It’s been an expensive week in court for Infowars founder Alex Jones. After being ordered to pay $4.1 million in compensatory damages on Thursday to the parents of a Sandy Hook victim he defamed by claiming the attack was a hoax, a Texas jury ruled on Friday that he must also pay them another $45.2 million in punitive damages. Jones still faces two more trials from other Sandy Hook parents after this one.

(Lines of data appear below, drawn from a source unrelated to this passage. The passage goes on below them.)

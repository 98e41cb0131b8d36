-- ===== src/Wal/Persistent/Crash.antt =====
-- PersistentRaftWal (src/lib.rs) after a write that failed or was cut short: append_with_report on a
-- disk with a failure, and open behind it.
use rust_raft.Wal.Persistent.Filed.{IsFiled, files_of-IsFiled}
use rust_raft.Wal.Persistent.Append.{push_written-lem, write_active-calm}
use rust_raft.Wal.Segments.{modify_last, push_record}
use rust_raft.Wal.Record.{WalRecord, stamp}
use mathlib.Core.Path.{subst}
use rust_raft.Base.{
  Bool, Bool-cases, List, [], add_u64, ap, append-nil, append_assoc, arith, false, inl, inr, length,
  length-append, ltb, map_or, none, refl, some, suc, sym, take, true, u64_max, zero, ℕ, ◌++◌, ◌<◌,
  ◌==◌, ◌∙◌, ◌∷◌, ◌≡◌,
}
use rust_raft.Types.{err, format, ok, storage}
use rust_raft.Base.BTreeMap.{BTreeMap, get}
use rust_raft.Wal.Recovery.{All}
use rust_raft.Wal.Persistent.Disk.{
  append_file, append_file-append_file, ask, bind-ok, file_len, metadata_len, write_all,
}
use rust_raft.Wal.Persistent.Lines.{Codec, parse_line, split_lines}
use rust_raft.Wal.Persistent.Scan.{
  IsEncoded, NoNewline, scan-bad, split_lines-newline, split_lines-one, take-NoNewline,
}
use rust_raft.Wal.Persistent.Files.{read_segments, write_record}
use rust_raft.Wal.Persistent.Log.{
  PersistentRaftWal, WalOptions, WriteReport, append_rest, append_with_report, must_roll,
  open_loaded, open_wal, push_written, validate_options, write_active,
}
use rust_raft.Wal.Persistent.Roll.{IsSynced, calm}
use rust_raft.Wal.Persistent.Reopen.{last-filed, open_loaded-synced, open_wal-synced}
use rust_raft.Wal.Persistent.Torn.{IsTorn, read_segments-torn}

-- The log that `open` gives for the directory of `w`.
abbrev pub reopened : WalOptions → Bool → PersistentRaftWal → PersistentRaftWal
reopened options truncated w = record w {
  options = options;
  released_segment_count = 0;
  truncated_corrupt_tail = truncated;
}

module _ (codec : Codec) where
  open_wal-torn :
      (options : WalOptions) (w : PersistentRaftWal) (m : BTreeMap (List ℕ)) (tail : List ℕ)
      → validate_options options ≡ ok tt
      → IsSynced codec w m
      → w.next_segment_id < u64_max
      → IsTorn codec tail
      → open_wal codec options (calm (append_file w.active tail m))
        ≡ (calm m, ok (reopened options true w))
  unfolding open_wal
  open_wal-torn options w m tail v h q t =
      let filed =
        subst (λ x. All (IsFiled codec x) w.segments) (sym h.files_lem)
          (files_of-IsFiled codec w.active w.segments h.layout) in
      let (b, f) = last-filed codec m w.active w.segments h.layout filed in
      let n : add_u64 w.active 1 ≡ w.next_segment_id = omega (arith, h.next_lem) in
      let start = calm (append_file w.active tail m) in
      let read : read_segments codec start ≡ (calm m, ok (w.segments, true)) =
        ap (λ x. read_segments codec (calm (append_file w.active tail x))) h.files_lem
        ∙ read_segments-torn codec w.active tail w.segments t h.layout
        ∙ ap (λ x. (calm x, ok (w.segments, true))) (sym h.files_lem) in
      rw (v, open_wal)
        (bind-ok (read_segments codec) (open_loaded codec options) start read
          ∙ open_loaded-synced codec options true w.active w.segments m b h.layout f
          ∙ ap
              (λ k. (
                calm m,
                ok (record w {
                  options = options;
                  next_segment_id = k;
                  released_segment_count = 0;
                  truncated_corrupt_tail = true;
                }),
              ))
              n)

  -- A text with no newline that does not read, and that text with a newline after it.
  IsTorn-line :
      (b : ℕ) (bs : List ℕ)
      → NoNewline (b ∷ bs)
      → codec.decode (b ∷ bs) ≡ none
      → IsTorn codec (b ∷ bs)
  unfolding parse_line
  IsTorn-line b bs l d rs a =
      scan-bad codec rs b bs (b ∷ bs) a [] (split_lines-one b bs l) (rw (d, parse_line) refl)

  IsTorn-terminated :
      (b : ℕ) (bs : List ℕ)
      → NoNewline (b ∷ bs)
      → codec.decode (b ∷ bs) ≡ none
      → IsTorn codec ((b ∷ bs) ++ 10 ∷ [])
  unfolding parse_line split_lines
  IsTorn-terminated b bs l d rs a =
      scan-bad codec rs b bs ((b ∷ bs) ++ 10 ∷ []) a [] (split_lines-newline (b ∷ bs) [] l)
        (rw (d, parse_line) refl)

  append_file-nil : (k : ℕ) (m : BTreeMap (List ℕ)) → append_file k [] m ≡ m
  unfolding append_file
  append_file-nil k [] = refl
  append_file-nil k ((j, b) ∷ m) = elim (Bool-cases (j == k)) [
    | inl t ↦ rw t (ap (λ c. (j, c) ∷ m) (append-nil b))
    | inr f ↦ rw f (ap (◌∷◌ (j, b)) (append_file-nil k m))
  ]

  -- `open` behind a record that was cut after `n` bytes.
  open_wal-cut :
      (options : WalOptions) (w : PersistentRaftWal) (m : BTreeMap (List ℕ)) (line : List ℕ) (n : ℕ)
      → validate_options options ≡ ok tt
      → IsSynced codec w m
      → w.next_segment_id < u64_max
      → NoNewline line
      → codec.decode (take n line) ≡ none
      → n < length line
      → open_wal codec options (calm (append_file w.active (take n line) m))
        ≡ (calm m, ok (reopened options (ltb 0 n) w))
  open_wal-cut options w m line zero v h q l d b =
      ap (λ x. open_wal codec options (calm x)) (append_file-nil w.active m)
      ∙ open_wal-synced codec options w m v h q
  open_wal-cut options w m [] (suc n) v h q l d b = absurd (omega arith)
  open_wal-cut options w m (c ∷ cs) (suc n) v h q l d b =
      let positive : ltb 0 (suc n) ≡ true = ground arith in
      open_wal-torn options w m (take (suc n) (c ∷ cs)) v h q
        (IsTorn-line c (take n cs) (take-NoNewline (suc n) (c ∷ cs) l) d)
      ∙ ap (λ t. (calm m, ok (reopened options t w))) (sym positive)

  -- No new segment is due for the record.
  abbrev pub Stays : WalRecord → PersistentRaftWal → BTreeMap (List ℕ) → Type 0
  Stays r w m =
      must_roll codec w (map_or 0 length (get w.active m))
        (add_u64 (length (codec.encode (stamp r))) 1)
      ≡ false

  -- What the failed write leaves.
  append-cut :
      (r : WalRecord) (w : PersistentRaftWal) (m : BTreeMap (List ℕ)) (n : ℕ)
      → Stays r w m
      → append_with_report codec r (w, record { files = m; outcomes = none ∷ some n ∷ [] }) ≡ (
        (w, calm (append_file w.active (take n (codec.encode (stamp r))) m)),
        err (storage (format "failed to append WAL record: {err}" [])),
      )
  unfolding append_with_report metadata_len ask file_len append_rest write_active write_record
      write_all
  append-cut r w m n stays =
      ap
        (λ rolled.
          append_rest codec (stamp r) (add_u64 (length (codec.encode (stamp r))) 1) rolled
            (w, record { files = m; outcomes = some n ∷ [] }))
        stays

  append-unterminated :
      (r : WalRecord) (w : PersistentRaftWal) (m : BTreeMap (List ℕ))
      → Stays r w m
      → append_with_report codec r (w, record { files = m; outcomes = none ∷ none ∷ some 0 ∷ [] })
        ≡ (
          (w, calm (append_file w.active (codec.encode (stamp r)) m)),
          err (storage (format "failed to append WAL record: {err}" [])),
        )
  unfolding append_with_report metadata_len ask file_len append_rest write_active write_record
      write_all
  append-unterminated r w m stays =
      ap
        (λ rolled.
          append_rest codec (stamp r) (add_u64 (length (codec.encode (stamp r))) 1) rolled
            (w, record { files = m; outcomes = none ∷ some 0 ∷ [] }))
        stays
      ∙ ap (λ x. ((w, calm x), err (storage (format "failed to append WAL record: {err}" []))))
          (append_file-nil w.active (append_file w.active (codec.encode (stamp r)) m))

  -- Where no new segment is due and the write of a record fails after fewer bytes than its text has,
  -- `append_with_report` answers with an error and the log in memory is as before. Opening the
  -- directory then cuts the partial text off and gives that log again, with every record it had,
  -- and reports a corrupt tail when any byte was written.
  pub append-cut-open :
      (options : WalOptions) (r : WalRecord) (w : PersistentRaftWal) (m : BTreeMap (List ℕ)) (n : ℕ)
      → validate_options options ≡ ok tt
      → IsSynced codec w m
      → w.next_segment_id < u64_max
      → IsEncoded codec (stamp r)
      → Stays r w m
      → n < length (codec.encode (stamp r))
      → (append_with_report codec r (w, record { files = m; outcomes = none ∷ some n ∷ [] }) ≡ (
        (w, calm (append_file w.active (take n (codec.encode (stamp r))) m)),
        err (storage (format "failed to append WAL record: {err}" [])),
      ))
        × (open_wal codec options (calm (append_file w.active (take n (codec.encode (stamp r))) m))
            ≡ (calm m, ok (reopened options (ltb 0 n) w)))
  append-cut-open options r w m n v h q enc stays b = (
    append-cut r w m n stays,
    open_wal-cut options w m (codec.encode (stamp r)) n v h q enc.one_line (enc.torn n b) b,
  )

  -- The texts of two records on one line, behind the active file.
  open_wal-joined :
      (options : WalOptions) (w : PersistentRaftWal) (m : BTreeMap (List ℕ)) (line : List ℕ)
      → validate_options options ≡ ok tt
      → IsSynced codec w m
      → w.next_segment_id < u64_max
      → NoNewline line
      → 0 < length line
      → codec.decode line ≡ none
      → open_wal codec options (calm (append_file w.active (line ++ 10 ∷ []) m))
        ≡ (calm m, ok (reopened options true w))
  open_wal-joined options w m [] v h q l b d = absurd (omega arith)
  open_wal-joined options w m (c ∷ cs) v h q l b d =
      open_wal-torn options w m ((c ∷ cs) ++ 10 ∷ []) v h q (IsTorn-terminated c cs l d)

  append-NoNewline : (xs ys : List ℕ) → NoNewline xs → NoNewline ys → NoNewline (xs ++ ys)
  append-NoNewline [] ys a b = b
  append-NoNewline (x ∷ xs) ys (f, a) b = (f, append-NoNewline xs ys a b)

  -- On a log whose files hold what it has in memory, with a segment id left, the write of the newline
  -- of a first record fails, so its append answers with an error, and the next append succeeds. For
  -- neither append a new segment is due, each record's text is as JSON gives it, and the two texts
  -- on one line do not read. Then opening the directory, with valid options, loses the second
  -- record, whose append had succeeded: it gives the log from before both.
  pub append-joined-open :
      (options : WalOptions) (r1 r2 : WalRecord) (w : PersistentRaftWal) (m : BTreeMap (List ℕ))
      → validate_options options ≡ ok tt
      → IsSynced codec w m
      → w.next_segment_id < u64_max
      → IsEncoded codec (stamp r1)
      → IsEncoded codec (stamp r2)
      → codec.decode (codec.encode (stamp r1) ++ codec.encode (stamp r2)) ≡ none
      → Stays r1 w m
      → Stays r2 w (append_file w.active (codec.encode (stamp r1)) m)
      → (m1 m2 : BTreeMap (List ℕ)) × (v : PersistentRaftWal) × (rep : WriteReport)
        × (append_with_report codec r1
              (w, record { files = m; outcomes = none ∷ none ∷ some 0 ∷ [] })
            ≡ ((w, calm m1), err (storage (format "failed to append WAL record: {err}" []))))
        × (append_with_report codec r2 (w, calm m1) ≡ ((v, calm m2), ok rep))
        × (open_wal codec options (calm m2) ≡ (calm m, ok (reopened options true w)))
  unfolding append_with_report metadata_len ask file_len append_rest
  append-joined-open options r1 r2 w m v h q e1 e2 d s1 s2 =
      let l1 = codec.encode (stamp r1) in
      let l2 = codec.encode (stamp r2) in
      let m1 = append_file w.active l1 m in
      let m2 = append_file w.active (l2 ++ 10 ∷ []) m1 in
      let bytes = add_u64 (length l2) 1 in
      let (rep, p, c) = push_written-lem codec (stamp r2) bytes false w (calm m2) h.layout in
      let same_line : m2 ≡ append_file w.active ((l1 ++ l2) ++ 10 ∷ []) m =
        append_file-append_file w.active l1 (l2 ++ 10 ∷ []) m
        ∙ ap (λ x. append_file w.active x m) (sym (append_assoc l1 l2 (10 ∷ []))) in
      (
        m1,
        m2,
        record w { segments = modify_last (push_record (stamp r2)) w.segments },
        rep,
        append-unterminated r1 w m s1,
        ap (λ rolled. append_rest codec (stamp r2) bytes rolled (w, calm m1)) s2
            ∙ bind-ok (write_active codec (stamp r2))
                (λ _. push_written codec (stamp r2) bytes false) (w, calm m1)
                (write_active-calm codec (stamp r2) w m1)
            ∙ p,
        ap (λ x. open_wal codec options (calm x)) same_line
            ∙ open_wal-joined options w m (l1 ++ l2) v h q
                (append-NoNewline l1 l2 e1.one_line e2.one_line)
                (omega (arith, length-append {0} l1 l2, e1.not_empty)) d,
      )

Before the jury deliberated the punitive damages on Friday, they heard from an expert witness who provided more insight into Jones’s murky financial situation. According to forensic economist Bernard Pettingill, Jones began transferring $11,000 per day to a shell company under his control shortly after a judge found last year that he defamed the families of ten Sandy Hook victims by repeatedly claiming the horrific shooting was part of a conspiracy to undermine gun rights. Pettingill added that Jones took out a $53 million loan to himself designed to make it seem like he’s in financial duress and estimated that Infowars made $64 million last year alone.
The week before the trial, the parent company for Infowars declared bankruptcy, suggesting the company may be trying to obscure its true finances. Pettingill estimated the minimum valuation of Infowars — not including ad revenue —to be $130 million.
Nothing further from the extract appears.